Assembly seats by province

In the Legislative Assembly election, the PPSO led in all seven of the country's provinces. The PLN placed second across the board, posting its best results in Cartago (28%), Heredia (26%) and San José (25%). The PPSO won 31 seats, surpassing the absolute majority of 29. Of the remaining 26 seats, the PLN won 17 and the FA won 7. The CAC and the PUSC won one each, both in San José.

| Constituency | PPSO |  | PLN |  | FA |  | PUSC |  | CAC |  |
| % | Seats | % | Seats | % | Seats | % | Seats | % | Seats |
| San José | 39.37 | 8 | 25.28 | 5 | 15.89 | 3 | 4.69 | 1 | 5.08 | 1 |
| Alajuela | 52.20 | 7 | 22.64 | 3 | 10.75 | 2 | 3.41 | 0 | 2.64 | 0 |
| Cartago | 34.85 | 3 | 28.14 | 2 | 13.62 | 1 | 3.95 | 0 | 5.69 | 0 |
| Heredia | 40.40 | 2 | 26.42 | 2 | 16.26 | 1 | 3.61 | 0 | 4.86 | 0 |
| Guanacaste | 50.48 | 3 | 18.46 | 2 | 5.74 | 0 | 5.53 | 0 | 3.41 | 0 |
| Puntarenas | 59.35 | 4 | 15.94 | 2 | 6.25 | 0 | 5.37 | 0 | 1.97 | 0 |
| Limón | 56.92 | 4 | 15.01 | 1 | 5.14 | 0 | 7.36 | 0 | 2.35 | 0 |
| Total | 45.20 | 31 | 23.25 | 17 | 12.33 | 7 | 4.52 | 1 | 4.07 | 1 |
Source: TSE, La Nación

== Aftermath ==
After the polls closed and before the results were announced, the Supreme Electoral Court president Eugenia Zamora highlighted citizen participation in a civic day and said that "those who tried to discredit this Court and damage the trust that our people have always had in its electoral processes" had failed. She called for reconciliation, responsibility and an end to violent, and stigmatising rhetoric. In her first statements as the winner, Fernández stated that "democracy has spoken and voted for continuity of change", and that she will continue her predecessor's policies.

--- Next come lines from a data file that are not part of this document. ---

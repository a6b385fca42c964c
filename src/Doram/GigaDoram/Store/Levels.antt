-- ===== src/Doram/GigaDoram/Store/Levels.antt =====
-- Levels whose tables have the same entries for an address.
use gigadoram_rs.Base.{ℕ, suc, ◌≡◌, inl, inr, ◌∙◌, List, [], ◌∷◌, Option, none, some, Bool}
use gigadoram_rs.Primitives.Rep3.{Word}
use gigadoram_rs.Primitives.Value.{DoramValue}
use gigadoram_rs.DataStructures.OhTable.Api.{OhTableApi}
use gigadoram_rs.Doram.GigaDoram.State.{Level}
use gigadoram_rs.DataStructures.OhTable.Answering.{Answering}
use gigadoram_rs.Doram.GigaDoram.Store.{
  entry_of, EachTable, ShadowedTable, Shadowed, WaitingTable, Waiting,
}

module _ {V : Type 0} ⦃d : DoramValue V⦄ (api : OhTableApi V) (answers : Answering api) where
  abbrev pub SameTable : ℕ → Option api.Table → Option api.Table → Type 0
  SameTable x none none = Unit {0}
  SameTable x none (some t') = ⊥
  SameTable x (some t) none = ⊥
  SameTable x (some t) (some t') = entry_of api answers t' x ≡ entry_of api answers t x

  abbrev pub Same : ℕ → List (Level api.Table) → List (Level api.Table) → Type 0
  Same x [] [] = Unit {0}
  Same x [] (l' ∷ ls') = ⊥
  Same x (l ∷ ls) [] = ⊥
  Same x (l ∷ ls) (l' ∷ ls') = SameTable x l.table l'.table × Same x ls ls'

  shadowed_table :
      (x : ℕ) (alibi : Bool) (o o' : Option api.Table)
      → SameTable x o o'
      → EachTable api answers (ShadowedTable api answers x alibi) o
      → EachTable api answers (ShadowedTable api answers x alibi) o'
  shadowed_table x alibi none none same h = tt
  shadowed_table x alibi none (some t') same h = elim same [ ]
  shadowed_table x alibi (some t) none same h = elim same [ ]
  shadowed_table x alibi (some t) (some t') same (inl e) = inl (same ∙ e)
  shadowed_table x alibi (some t) (some t') same (inr (e, clear)) = inr (same ∙ e, clear)

  pub Shadowed-Same :
      (x : ℕ) (alibi : Word) (level : ℕ) (ls ls' : List (Level api.Table))
      → Same x ls ls'
      → Shadowed api answers x alibi level ls
      → Shadowed api answers x alibi level ls'
  Shadowed-Same x alibi level [] [] same h = tt
  Shadowed-Same x alibi level [] (l' ∷ ls') same h = elim same [ ]
  Shadowed-Same x alibi level (l ∷ ls) [] same h = elim same [ ]
  Shadowed-Same x alibi level (l ∷ ls) (l' ∷ ls') (same, rest) (h, hs) = (
    shadowed_table x (alibi level) l.table l'.table same h,
    Shadowed-Same x alibi (suc level) ls ls' rest hs,
  )

  waiting_table :
      (x : ℕ) (v : V) (shadowed shadowed' : Word → Type 0) (waiting waiting' : Type 0)
      (o o' : Option api.Table)
      → SameTable x o o'
      → ((alibi : Word) → shadowed alibi → shadowed' alibi)
      → (waiting → waiting')
      → WaitingTable api answers x v shadowed waiting o
      → WaitingTable api answers x v shadowed' waiting' o'
  waiting_table x v shadowed shadowed' waiting waiting' none none same s w h = w h
  waiting_table x v shadowed shadowed' waiting waiting' none (some t') same s w h = elim same [ ]
  waiting_table x v shadowed shadowed' waiting waiting' (some t) none same s w h = elim same [ ]
  waiting_table x v shadowed shadowed' waiting waiting' (some t) (some t') same s w (inl (e, h)) =
      inl (same ∙ e, w h)
  waiting_table x v shadowed shadowed' waiting waiting' (some t) (some t') same s w
        (inr (r, e, is, h)) =
      inr (r, same ∙ e, is, s r.alibi h)

  pub Waiting-Same :
      (x : ℕ) (v : V) (level : ℕ) (ls ls' : List (Level api.Table))
      → Same x ls ls'
      → Waiting api answers x v level ls
      → Waiting api answers x v level ls'
  Waiting-Same x v level [] [] same h = h
  Waiting-Same x v level [] (l' ∷ ls') same h = elim same [ ]
  Waiting-Same x v level (l ∷ ls) [] same h = elim same [ ]
  Waiting-Same x v level (l ∷ ls) (l' ∷ ls') (same, rest) h =
      waiting_table x v (λ alibi. Shadowed api answers x alibi (suc level) ls)
        (λ alibi. Shadowed api answers x alibi (suc level) ls')
        (Waiting api answers x v (suc level) ls) (Waiting api answers x v (suc level) ls') l.table
        l'.table same (λ alibi. Shadowed-Same x alibi (suc level) ls ls' rest)
        (Waiting-Same x v (suc level) ls ls' rest) h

Meanwhile, opposition groups warned of the possibility of an authoritarian figure coming to power following the victory of the ruling party.

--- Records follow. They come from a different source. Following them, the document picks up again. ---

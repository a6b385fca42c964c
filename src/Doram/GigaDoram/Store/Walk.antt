-- ===== src/Doram/GigaDoram/Store/Walk.antt =====
-- The walk of a query over the levels finds the first entry of the address, and takes it.
use gigadoram_rs.Base.{
  ℕ, suc, ◌<◌, ◌≡◌, inl, inr, refl, sym, ap, ◌∙◌, List, [], ◌∷◌, Option, none, some, Bool, true,
  false, if◌then◌else◌,
}
use gigadoram_rs.Primitives.Rep3.{zero_word, differ}
use gigadoram_rs.Primitives.Value.{DoramValue, Record, zero_record, xor_record}
use gigadoram_rs.DataStructures.SpeedCache.Query.{zero_xor_record, xor_record_zero}
use gigadoram_rs.DataStructures.OhTable.Api.{OhTableApi}
use gigadoram_rs.Doram.GigaDoram.State.{Level}
use gigadoram_rs.Doram.GigaDoram.Target.{live_keys}
use gigadoram_rs.Doram.GigaDoram.Access.{Accumulated, query_levels, tags}
use gigadoram_rs.Doram.GigaDoram.Reachable.{SpareTable, Spare}
use gigadoram_rs.DataStructures.OhTable.Answering.{Answering, missing}
use gigadoram_rs.Doram.GigaDoram.Store.{
  entry_of, EachTable, ShadowedTable, Shadowed, WaitingTable, Waiting, Misses, Apart, AllSound,
}
use gigadoram_rs.Doram.GigaDoram.Store.Levels.{Same}

module _ {V : Type 0} ⦃d : DoramValue V⦄ (api : OhTableApi V) (answers : Answering api)
    (random : ℕ → ℕ) (x : ℕ) where
  abbrev pub walk :
      ℕ
      → List (Level api.Table)
      → Accumulated api
      → Option (List (Level api.Table) × Accumulated api)
  walk level ls acc = query_levels api level ls (tags api (live_keys api ls) x) random acc

  -- What a walk leaves: the address has no record left, and other addresses have what they had.
  pub record Walked (level : ℕ) (ls ls' : List (Level api.Table)) : Type 0 where
    pub sound : AllSound api answers ls'
    pub own : Shadowed api answers x zero_word level ls'
    pub others : (x' : ℕ) → Apart api answers x x' ls → Same api answers x' ls ls'

  abbrev live : ℕ → api.Table → Level api.Table
  live digit t = record { digit = digit; table = some t }

  abbrev idle : ℕ → Level api.Table
  idle digit = record { digit = digit; table = none }

  tag_of : api.Table → ℕ
  tag_of t = api.prf (api.packed_key t) x

  -- One table of the walk.
  walk-live :
      (level digit : ℕ) (t t' : api.Table) (ls ls' : List (Level api.Table))
      (acc acc' last : Accumulated api) (y : Record V) (found : Bool)
      → api.query t
          (api.prf (api.packed_key t) x)
          (differ (acc.y_accum.alibi level) acc.found)
          (random level)
        ≡ some (t', (y, found))
      → (record { y_accum = xor_record acc.y_accum y; found = differ acc.found found }) ≡ acc'
      → walk (suc level) ls acc' ≡ some (ls', last)
      → walk level (live digit t ∷ ls) acc ≡ some (live digit t' ∷ ls', last)
  unfolding query_levels
  walk-live level digit t t' ls ls' acc acc' last y found asked made rest =
      let rest' : walk (suc level) ls
            (record { y_accum = xor_record acc.y_accum y; found = differ acc.found found })
          ≡ some (ls', last) =
        ap (walk (suc level) ls) made ∙ rest in
      rw (asked, rest') refl

  walk-idle :
      (level digit : ℕ) (ls ls' : List (Level api.Table)) (acc last : Accumulated api)
      → walk (suc level) ls acc ≡ some (ls', last)
      → walk level (idle digit ∷ ls) acc ≡ some (idle digit ∷ ls', last)
  unfolding query_levels
  walk-idle level digit ls ls' acc last rest = rw rest refl

  -- A tag without an entry.
  nothing :
      (t : api.Table) (use_dummy : Bool) (level : ℕ)
      → answers.Sound t
      → api.query_count t < (api.params t).num_dummies
      → answers.entry t (if use_dummy then random level else api.prf (api.packed_key t) x) ≡ missing
      → (t' : api.Table) × (api.query t (api.prf (api.packed_key t) x) use_dummy (random level)
          ≡ some (t', (zero_record, false)))
        × answers.Sound t'
        × ((x' : ℕ) → entry_of api answers t' x' ≡ entry_of api answers t x')
  nothing t use_dummy level sound spare e =
      let (t', asked, sound', same) =
        answers.miss t (api.prf (api.packed_key t) x) use_dummy (random level) sound spare e in
      let (_, _, _, same_key) = api.query_lem _ _ _ _ _ _ asked in
      (
        t',
        asked,
        sound',
        (λ x'.
            ap (λ k. answers.entry t' (api.prf k x')) same_key
            ∙ same (api.prf (api.packed_key t) x')),
      )

  -- The address has been found above, with the alibi bit `alibi` of the level.
  shadowed_query :
      (t : api.Table) (alibi : Bool) (level : ℕ)
      → answers.Sound t
      → api.query_count t < (api.params t).num_dummies
      → answers.entry t (random level) ≡ missing
      → ShadowedTable api answers x alibi t
      → (t' : api.Table) × (api.query t
            (api.prf (api.packed_key t) x)
            (differ alibi true)
            (random level)
          ≡ some (t', (zero_record, false)))
        × answers.Sound t'
        × ((x' : ℕ) → entry_of api answers t' x' ≡ entry_of api answers t x')
  shadowed_query t true level sound spare misses (inl e) = nothing t false level sound spare e
  shadowed_query t false level sound spare misses (inl e) = nothing t true level sound spare misses
  shadowed_query t true level sound spare misses (inr (e, clear)) = absurd cc
  shadowed_query t false level sound spare misses (inr (e, clear)) =
      nothing t true level sound spare misses

  at_rest :
      (t t' : api.Table) (alibi : Bool)
      → entry_of api answers t' x ≡ entry_of api answers t x
      → ShadowedTable api answers x alibi t
      → ShadowedTable api answers x false t'
  at_rest t t' alibi same (inl e) = inl (same ∙ e)
  at_rest t t' alibi same (inr (e, clear)) = inr (same ∙ e, refl)

  abbrev found_record : Record V → Accumulated api
  found_record r = record { y_accum = r; found = true }

  abbrev not_found : Accumulated api
  not_found = record { y_accum = zero_record; found = false }

  -- The walk returns, with the levels that it leaves.
  abbrev Walks : ℕ → List (Level api.Table) → Accumulated api → Accumulated api → Type 0
  Walks level ls acc last =
      (ls' : List (Level api.Table)) × (walk level ls acc ≡ some (ls', last)) × Walked level ls ls'

  ShadowedTable-walk :
      (r : Record V) (level digit : ℕ) (o : Option api.Table) (ls : List (Level api.Table))
      → EachTable api answers answers.Sound o
      → SpareTable api o
      → EachTable api answers (λ t. answers.entry t (random level) ≡ missing) o
      → EachTable api answers (ShadowedTable api answers x (r.alibi level)) o
      → Walks (suc level) ls (found_record r) (found_record r)
      → Walks level (record { digit = digit; table = o } ∷ ls) (found_record r) (found_record r)
  ShadowedTable-walk r level digit none ls sound spare misses shadowed (ls', walked, left) = (
    idle digit ∷ ls',
    walk-idle level digit ls ls' (found_record r) (found_record r) walked,
    record {
      sound = (tt, left.sound);
      own = (tt, left.own);
      others = λ x' (_, apart). (tt, left.others x' apart);
    },
  )
  ShadowedTable-walk r level digit (some t) ls sound spare misses shadowed (ls', walked, left) =
      let (t', asked, sound', same) =
        shadowed_query t (r.alibi level) level sound spare misses shadowed in
      (
        live digit t' ∷ ls',
        walk-live level digit t t' ls ls' (found_record r) (found_record r) (found_record r)
            zero_record false asked (ap found_record (xor_record_zero r)) walked,
        record {
          sound = (sound', left.sound);
          own = (at_rest t t' (r.alibi level) (same x) shadowed, left.own);
          others = λ x' (_, apart). (same x', left.others x' apart);
        },
      )

  -- Once the address has been found, no level answers.
  pub Shadowed-walk :
      (r : Record V) (level : ℕ) (ls : List (Level api.Table))
      → AllSound api answers ls
      → Spare api ls
      → Misses api answers random level ls
      → Shadowed api answers x r.alibi level ls
      → Walks level ls (found_record r) (found_record r)
  unfolding query_levels
  Shadowed-walk r level [] sound spare misses shadowed =
      ([], refl, record { sound = tt; own = tt; others = λ x' apart. tt })
  Shadowed-walk r level (l ∷ ls) (sound, sounds) (spare, spares) (misses, others_miss)
        (shadowed, rest) =
      ShadowedTable-walk r level l.digit l.table ls sound spare misses shadowed
        (Shadowed-walk r (suc level) ls sounds spares others_miss rest)

  -- What the walk finds for an address that has not been found above.
  abbrev pub Finds : V → ℕ → List (Level api.Table) → Type 0
  Finds v level ls =
      (last : Accumulated api) × (last.y_accum.value ≡ v) × Walks level ls not_found last

  WaitingTable-walk :
      (v : V) (level digit : ℕ) (o : Option api.Table) (ls : List (Level api.Table))
      → EachTable api answers answers.Sound o
      → SpareTable api o
      → (Waiting api answers x v (suc level) ls → Finds v (suc level) ls)
      → ((r : Record V)
          → Shadowed api answers x r.alibi (suc level) ls
          → Walks (suc level) ls (found_record r) (found_record r))
      → WaitingTable api answers x v
          (λ alibi. Shadowed api answers x alibi (suc level) ls)
          (Waiting api answers x v (suc level) ls)
          o
      → Finds v level (record { digit = digit; table = o } ∷ ls)
  WaitingTable-walk v level digit none ls sound spare waits shadows h =
      let (last, is, (ls', walked, left)) = waits h in
      (
        last,
        is,
        (
          idle digit ∷ ls',
          walk-idle level digit ls ls' not_found last walked,
          record {
            sound = (tt, left.sound);
            own = (tt, left.own);
            others = λ x' (_, apart). (tt, left.others x' apart);
          },
        ),
      )
  WaitingTable-walk v level digit (some t) ls sound spare waits shadows (inl (e, h)) =
      let (last, is, (ls', walked, left)) = waits h in
      let (t', asked, sound', same) = nothing t false level sound spare e in
      (
        last,
        is,
        (
          live digit t' ∷ ls',
          walk-live level digit t t' ls ls' not_found not_found last zero_record false asked
              (ap (λ y. record { y_accum = y; found = false }) (xor_record_zero zero_record))
              walked,
          record {
            sound = (sound', left.sound);
            own = (inl (same x ∙ e), left.own);
            others = λ x' (_, apart). (same x', left.others x' apart);
          },
        ),
      )
  WaitingTable-walk v level digit (some t) ls sound spare waits shadows (inr (r, e, is, h)) =
      let (ls', walked, left) = shadows r h in
      let (t', asked, sound', gone, same) =
        answers.hit t (api.prf (api.packed_key t) x) false (random level) r sound spare e in
      let (_, _, _, same_key) = api.query_lem _ _ _ _ _ _ asked in
      (
        found_record r,
        is,
        (
          live digit t' ∷ ls',
          walk-live level digit t t' ls ls' not_found (found_record r) (found_record r) r true asked
              (ap found_record (zero_xor_record r)) walked,
          record {
            sound = (sound', left.sound);
            own = (inr (ap (λ k. answers.entry t' (api.prf k x)) same_key ∙ gone, refl), left.own);
            others = λ x' (differ_here, apart). (
              ap (λ k. answers.entry t' (api.prf k x')) same_key
                  ∙ same (api.prf (api.packed_key t) x') differ_here,
              left.others x' apart,
            );
          },
        ),
      )

  pub Waiting-walk :
      (v : V) (level : ℕ) (ls : List (Level api.Table))
      → AllSound api answers ls
      → Spare api ls
      → Misses api answers random level ls
      → Waiting api answers x v level ls
      → Finds v level ls
  unfolding query_levels
  Waiting-walk v level [] sound spare misses waiting =
      (not_found, sym waiting, ([], refl, record { sound = tt; own = tt; others = λ x' apart. tt }))
  Waiting-walk v level (l ∷ ls) (sound, sounds) (spare, spares) (misses, others_miss) waiting =
      WaitingTable-walk v level l.digit l.table ls sound spare
        (λ h. Waiting-walk v (suc level) ls sounds spares others_miss h)
        (λ r h. Shadowed-walk r (suc level) ls sounds spares others_miss h) waiting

Claudia Dobles proposed the formation of a large commission in the Legislative Assembly, and Ariel Robles accepted his defeat, stating that the party would intensify its political activity in the streets. Latin American presidents, including those of El Salvador (Nayib Bukele), Paraguay (Santiago Peña), Panama (José Raúl Mulino), Guatemala (Bernardo Arévalo), Honduras (Nasry Asfura), and the president-elect of Chile (José Antonio Kast), as well as the Secretary General of the Organization of American States Albert Ramdin, congratulated Fernández on her victory. Prime Minister of Spain Pedro Sánchez also congratuled her. The European Union issued a statement congratulating Fernández and calling for continued collaboration. Chinese President Xi Jinping also congratuled Fernández, Marco Rubio, the United States secretary of state, congratulated Fernández and praised her tough stance on drug trafficking. Fernández was sworn in on 8 May 2026 as the second female president of Costa Rica after Laura Chinchilla.